You will know that your turkey is cooked safely when the stuffing and thickest part of the meat reach 75 degrees Celsius. After carving the turkey, leftover meat and stuffing is best stored immediately in small containers in the fridge. The turkey and stuffing should be eaten within three days. If reheating the turkey, it needs to be steaming hot, at least 75 degrees Celsius, before it can be eaten safely.

 

Cherries


Cherries

Australian grown cherries are available from November through to February. When buying cherries make sure they have fresh green stems and the fruit is bright and firm with no breaks in the skin. Dry, brown, brittle stems indicate that the cherries have not been freshly picked.
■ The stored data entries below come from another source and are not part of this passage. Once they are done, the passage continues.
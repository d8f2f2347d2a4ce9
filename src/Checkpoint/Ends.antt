-- ===== src/Checkpoint/Ends.antt =====
-- The scan of a pickle by `PtLoader::parse_pickle` of dee.cpp/src/pt_loader.cpp comes to its end.
use dee.Prelude.{
  ℕ, zero, suc, ◌+◌, ◌^◌, ◌<◌, ◌≡◌, ◌≢◌, Bool, true, false, Option, none, some, [], ◌∷◌, arith, ltb,
  leb, ◌==◌, inl, inr, Bool-cases, Option-cases, length,
}
use mathlib.Core.Path.{subst}
use dee.Json.{Text, is_space, read_digits}
use dee.Bytes.{Bytes}
use dee.Checkpoint.{Result, gives, undefined, unfinished, ◌>>=◌, PtLoader}
use dee.Checkpoint.Pickle.{
  atoi, signed_int, read_binunicode, is_tensor, key_at, find_storage, found_at, advance, scan,
  scan_start, mismatch, parse_pickle,
}

-- The call ends, with a result or undefined.
abbrev pub Ended {ℓ} : {A : Type ℓ} → Result A → Type 0
Ended (gives a) = Unit {0}
Ended undefined = Unit {0}
Ended unfinished = ⊥

Ended-bind {ℓ κ} :
    {A : Type ℓ} {B : Type κ} (m : Result A) (f : A → Result B)
    → Ended m
    → ((a : A) → Ended (f a))
    → Ended (m >>= f)
Ended-bind (gives a) f e h = h a
Ended-bind undefined f e h = tt
Ended-bind unfinished f e h = absurd e

signed_int-Ended : (negative : Bool) (n : ℕ) → Ended (signed_int negative n)
signed_int-Ended false n = elim (Bool-cases (ltb n (2 ^ 31))) [ inl e ↦ rw e tt | inr e ↦ rw e tt ]
signed_int-Ended true n = elim (Bool-cases (leb n (2 ^ 31))) [ inl e ↦ rw e tt | inr e ↦ rw e tt ]

atoi-Ended : (t : Text) → Ended (atoi t)
unfolding atoi
atoi-Ended [] = tt
atoi-Ended (c ∷ cs) = elim (Bool-cases (is_space c)) [
  | inl space ↦ rw space (atoi-Ended cs)
  | inr word ↦ elim (Bool-cases (c == b'-')) [
    | inl minus ↦ rw (word, minus) (signed_int-Ended true (read_digits 0 cs))
    | inr no_minus ↦ elim (Bool-cases (c == b'+')) [
      | inl plus ↦ rw (word, no_minus, plus) (signed_int-Ended false (read_digits 0 cs))
      | inr no_plus ↦ rw (word, no_minus, no_plus) (signed_int-Ended false (read_digits 0 (c ∷ cs)))
    ]
  ]
]

find_storage-Ended : (k : ℕ) (d : Bytes) (j : ℕ) → Ended (find_storage k d j)
unfolding find_storage
find_storage-Ended zero d j = tt
find_storage-Ended (suc k) d j = elim (Option-cases (key_at d j)) [
  | inl no_key ↦ rw (no_key, find_storage) (find_storage-Ended k d (j + 1))
  | inr (key, e) ↦
      rw (e, find_storage) (Ended-bind (atoi key) (λ n. gives (some n)) (atoi-Ended key) (λ n. tt))
]

found_at-Ended : (d : Bytes) (i : ℕ) (s : Text) → Ended (found_at d i s)
unfolding found_at
found_at-Ended d i s = elim (Bool-cases (is_tensor s)) [
  | inl e ↦ rw e (Ended-bind _ _ (find_storage-Ended _ d (i + 1)) (λ st. tt))
  | inr e ↦ rw e tt
]

-- A string that is read lies in the bytes, and the scan goes on behind its first byte.
advance_pos :
    (d : Bytes) (i : ℕ) (s : Text)
    → length d < 2 ^ 32
    → read_binunicode d i ≡ some s
    → 0 < advance d i
unfolding read_binunicode advance
advance_pos d i s b e = ground (arith, e)

scan-Ended :
    (f : ℕ) (d : Bytes) (i : ℕ) → length d < 2 ^ 32 → 0 < f → length d < i + f → Ended (scan f d i)
unfolding scan
scan-Ended zero d i b p h = absurd (omega (arith, p))
scan-Ended (suc f) d i b p h = elim (Bool-cases (ltb i (length d))) [
  | inr over ↦ rw (over, scan) tt
  | inl inside ↦
      let left : 0 < f = ground (arith, inside, h) in
      elim (Option-cases (read_binunicode d i)) [
        | inl no_string ↦
            rw (inside, no_string, scan) (scan-Ended f d (i + 1) b left (omega (arith, h)))
        | inr (s, e) ↦
            let on = advance_pos d i s b e in
            let next = scan-Ended f d (i + advance d i) b left (omega (arith, h, on)) in
            rw (inside, e, scan)
              (Ended-bind (found_at d i s) _ (found_at-Ended d i s)
                (λ here. Ended-bind (scan f d (i + advance d i)) _ next (λ rest. tt)))
      ]
]

pub Ended-ne {ℓ} : {A : Type ℓ} (m : Result A) → Ended m → m ≢ unfinished
Ended-ne m h e = subst Ended e h

Ended-checked {ℓ κ} :
    {A : Type ℓ} {B : Type κ} (o : Option A) (b : B) (f : A → B)
    → Ended (let r : Result B = elim o [ none ↦ gives b | some a ↦ gives (f a) ] in r)
Ended-checked none b f = tt
Ended-checked (some a) b f = tt

-- A pickle of less than 4 GiB is parsed to its end: the fuel is enough.
pub parse_pickle_ends :
    (pkl : Bytes) (l : PtLoader) → length pkl < 2 ^ 32 → parse_pickle pkl l ≢ unfinished
unfolding parse_pickle
parse_pickle_ends pkl l b e =
    Ended-ne _
      (Ended-bind (scan (suc (length pkl)) pkl (scan_start pkl)) _
        (scan-Ended (suc (length pkl)) pkl (scan_start pkl) b (omega arith) (omega arith))
        (λ found. Ended-checked (mismatch (length l.buffers) found) _ _))
      e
Store your cherries in the fridge and eat them within several days of buying.

 

Custard and dairy


Store-bought custard should be made with pasteurised ingredients. Follow the storage instructions.

If making your own custard be sure to heat until steaming hot, at least 60 degrees Celsius. Like all food from animals, eggs need special care to keep them safe.

Custard

Foods with lightly-cooked or raw eggs are not suitable for children younger than 2 years, pregnant women, people with low-functioning immune systems or people older than 70 years. Once cooked or opened, all custard should be eaten or returned to the fridge within 2 hours and kept no more than 3 days.

It's best to keep everything that has used fresh cream in the fridge until just before serving and make sure you return any leftovers to the fridge within 2 hours.

 

Christmas pudding


Christmas pudding

Christmas pudding can be refrigerated for three months or stored in the freezer for up to six months or more, depending on the freezer temperature. Drier recipes can be stored in a sealed container at room temperature, although humidity can cause mould.

 

Fruit mince pies


Fruit mince pies

Fruit mince pies can be stored in a sealed container at room temperature and are also suitable for freezing. If you freeze them ensure they are thoroughly defrosted and can be delicious if warmed through gently in a low oven before serving.